The Italian woman was conquered, and now the battle was open and free between the young Earl and the claimant Countess. Applications were made on behalf of the Countess for funds from the estate wherewith to prove the claim, and to a certain limited amount they were granted. Such had been the life of the late Earl that it was held that the cost of all litigation resulting from his misdeeds should be paid from his estate; – but ready money was wanted, immediate ready money, to be at the disposal of the Countess to any amount needed by her agent, and this was hardly to be obtained. By this time public sympathy ran almost entirely with the Earl. Though it was acknowledged that the late lord was mad, and though it had become a cause of rejoicing that the Italian woman had been sent away penniless, howling into obscurity, because of the old man's madness, still it was believed that he had written the truth when he declared that the marriage had been a mock marriage. It would be better for the English world that the young Earl should be a rich man, fit to do honour to his position, fit to marry the daughter of a duke, fit to carry on the glory of the English peerage, than that a woman, ill reputed in the world, should be established as a Countess, with a daughter dowered with tens of thousands, as to whom it was already said that she was in love with a tailor's son. Nothing could be more touching, more likely to awaken sympathy, than the manner in which Josephine Murray had been carried away in marriage, and then roughly told by the man who should have protected her from every harshly blowing wind of heaven, that he had deceived her and that she was not his wife. No usage to which woman had ever been subjected, as has been said before, was more adapted to elicit compassion and energetic aid. But nineteen years had now passed by since the deed was done, and the facts were forgotten. One energetic friend there still was, – or we may say two, the tailor and his son Daniel. But public belief ran against the Countess, and nobody who was anybody in the world would give her her title. Bets were laid, two and three to one against her; and it was believed that she was an impostor. The Earl had all the glory of success over his first opponent, and the loud boasting of self-confident barristers buoyed up his cause.

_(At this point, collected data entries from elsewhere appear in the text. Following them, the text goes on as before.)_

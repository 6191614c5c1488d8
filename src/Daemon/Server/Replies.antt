-- ===== src/Daemon/Server/Replies.antt =====
-- src/daemon/server.rs: the replies to the lines of a client.
use uclip_daemon.Base.{
  ◌≡◌, refl, sym, ap, ◌∙◌, inl, inr, String, List, [], ◌∷◌, ◌++◌, append-nil, append_assoc, map,
  Bool, true, false, Option, ltb, arith, All, if◌then◌else◌, Bool-cases,
}
use uclip_daemon.Base.Order.{codes}
use uclip_daemon.Text.{Chars}
use uclip_daemon.History.Content.{unwrap_or}
use uclip_daemon.Daemon.Types.{
  UiRequest, list, restore, ping, subscribe, DaemonResponse, pong, subscribed, error,
  ResponseEnvelope, max_line_bytes,
}
use uclip_daemon.Daemon.Server.{
  Answers, Input, line, Client, Next, continue, stop, Frame, response, write, reply,
  reply_best_effort, list_response, restore_response, forward, handle_request, Parsed, request,
  invalid, too_long, handle_parsed, line_bytes, handle_line, handle_client,
}

-- The answer to a request.
abbrev pub answer : Answers → UiRequest → DaemonResponse
answer a (list offset limit) = list_response a.snapshot offset limit
answer a (restore entry_id) = restore_response (a.restores entry_id)
answer a ping = pong
answer a subscribe = subscribed

abbrev pub is_subscribe : UiRequest → Bool
is_subscribe subscribe = true
is_subscribe _ = false

abbrev pub lines : List (Answers × Chars) → List (Answers × Input)
lines = map (λ l. (l.0, line l.1))

module _ (parse : Chars → Parsed) (find_id : Chars → Option String) where
  abbrev pub parsed_reply : Answers → Option String → Parsed → ResponseEnvelope
  parsed_reply a id (request r) = record { v = 1; id = r.id; resp = answer a r.req }
  parsed_reply a id (invalid e) = record {
    v = 1;
    id = unwrap_or id "";
    resp = error (codes "invalid request: " ++ e);
  }

  -- The reply that the protocol promises for a line.
  abbrev pub reply_to : Answers → Chars → ResponseEnvelope
  reply_to a l =
      if ltb max_line_bytes (line_bytes l)
      then record { v = 1; id = ""; resp = too_long (line_bytes l) }
      else parsed_reply a (find_id l) (parse l)

  -- What a round may do to a client that got its reply.
  abbrev Answered : Client → ResponseEnvelope → Next → Type 0
  Answered c r (continue c') = c'.sent ≡ c.sent ++ response r ∷ []
  Answered c r (stop c' e) = ⊥

  handle_parsed-Answered :
      (a : Answers) (c : Client) (id : Option String) (p : Parsed)
      → a.writes ≡ true
      → Answered c (parsed_reply a id p) (handle_parsed a c id p)
  unfolding handle_parsed handle_request reply write forward
  handle_parsed-Answered a c id (invalid e) w = ground arith
  handle_parsed-Answered a c id (request r) w = by_request r.req
    where
      by_request :
          (q : UiRequest)
          → Answered c (record { v = 1; id = r.id; resp = answer a q }) (handle_request a c r.id q)
      by_request (restore n) = ground arith
      by_request (list o l) = ground arith
      by_request ping = ground arith
      by_request subscribe = ground arith

  handle_line-Answered :
      (a : Answers) (c : Client) (l : Chars)
      → a.writes ≡ true
      → Answered c (reply_to a l) (handle_line parse find_id a c l)
  unfolding handle_line reply_best_effort
  handle_line-Answered a c l w = elim (Bool-cases (ltb max_line_bytes (line_bytes l))) [
    | inl long ↦ rw (long, w) refl
    | inr short ↦ rw short (handle_parsed-Answered a c (find_id l) (parse l) w)
  ]

  Answered-continue :
      (c : Client) (r : ResponseEnvelope) (n : Next)
      → Answered c r n
      → (c' : Client) × (n ≡ continue c') × (c'.sent ≡ c.sent ++ response r ∷ [])
  Answered-continue c r (continue c') h = (c', refl, h)
  Answered-continue c r (stop c' e) h = absurd h

  abbrev pub replies_to : List (Answers × Chars) → List Frame
  replies_to = map (λ l. response (reply_to l.0 l.1))

  -- While the client can be written to, lines never end the connection, whatever they hold: each
  -- is answered by one response, under its own id, in the order of the lines.
  pub replies_in_order :
      (ls : List (Answers × Chars)) (c : Client)
      → All (λ (l : Answers × Chars). l.0.writes ≡ true) ls
      → (c' : Client) × (handle_client parse find_id c (lines ls) ≡ continue c')
        × (c'.sent ≡ c.sent ++ replies_to ls)
  unfolding handle_client
  replies_in_order [] c h = (c, refl, sym (append-nil c.sent))
  replies_in_order ((a, l) ∷ ls) c h =
      let (c₁, stepped, one) =
        Answered-continue c (reply_to a l) (handle_line parse find_id a c l)
          (handle_line-Answered a c l h.0) in
      let (c₂, ran, others) = replies_in_order ls c₁ h.1 in
      (
        c₂,
        ap
              (λ (n : Next). elim n [
                | continue c' ↦ handle_client parse find_id c' (lines ls)
                | stop c' e ↦ stop c' e
              ])
              stepped
            ∙ ran,
        others
            ∙ ap (λ (f : List Frame). f ++ replies_to ls) one
            ∙ append_assoc c.sent (response (reply_to a l) ∷ []) (replies_to ls),
      )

But loud-boasting barristers may nevertheless be wise lawyers, and the question of a compromise was again mooted. If the lady would take thirty thousand pounds and vanish, she should have the money clear of deduction, and all expenses should be paid. The amount offered was thought to be very liberal, but it did not amount to the annual income that was at stake. It was rejected with scorn. Had it been quadrupled, it would have been rejected with equal scorn. The loud-boasting barristers were still confident; but – . Though it was never admitted in words still it was felt that there might be a doubt. What if the contending parties were to join forces, if the Countess-ship of the Countess were to be admitted, and the heiress-ship of the Lady Anna, and if the Earl and the Lady Anna were to be united in holy wedlock? Might there not be a safe solution from further difficulty in that way?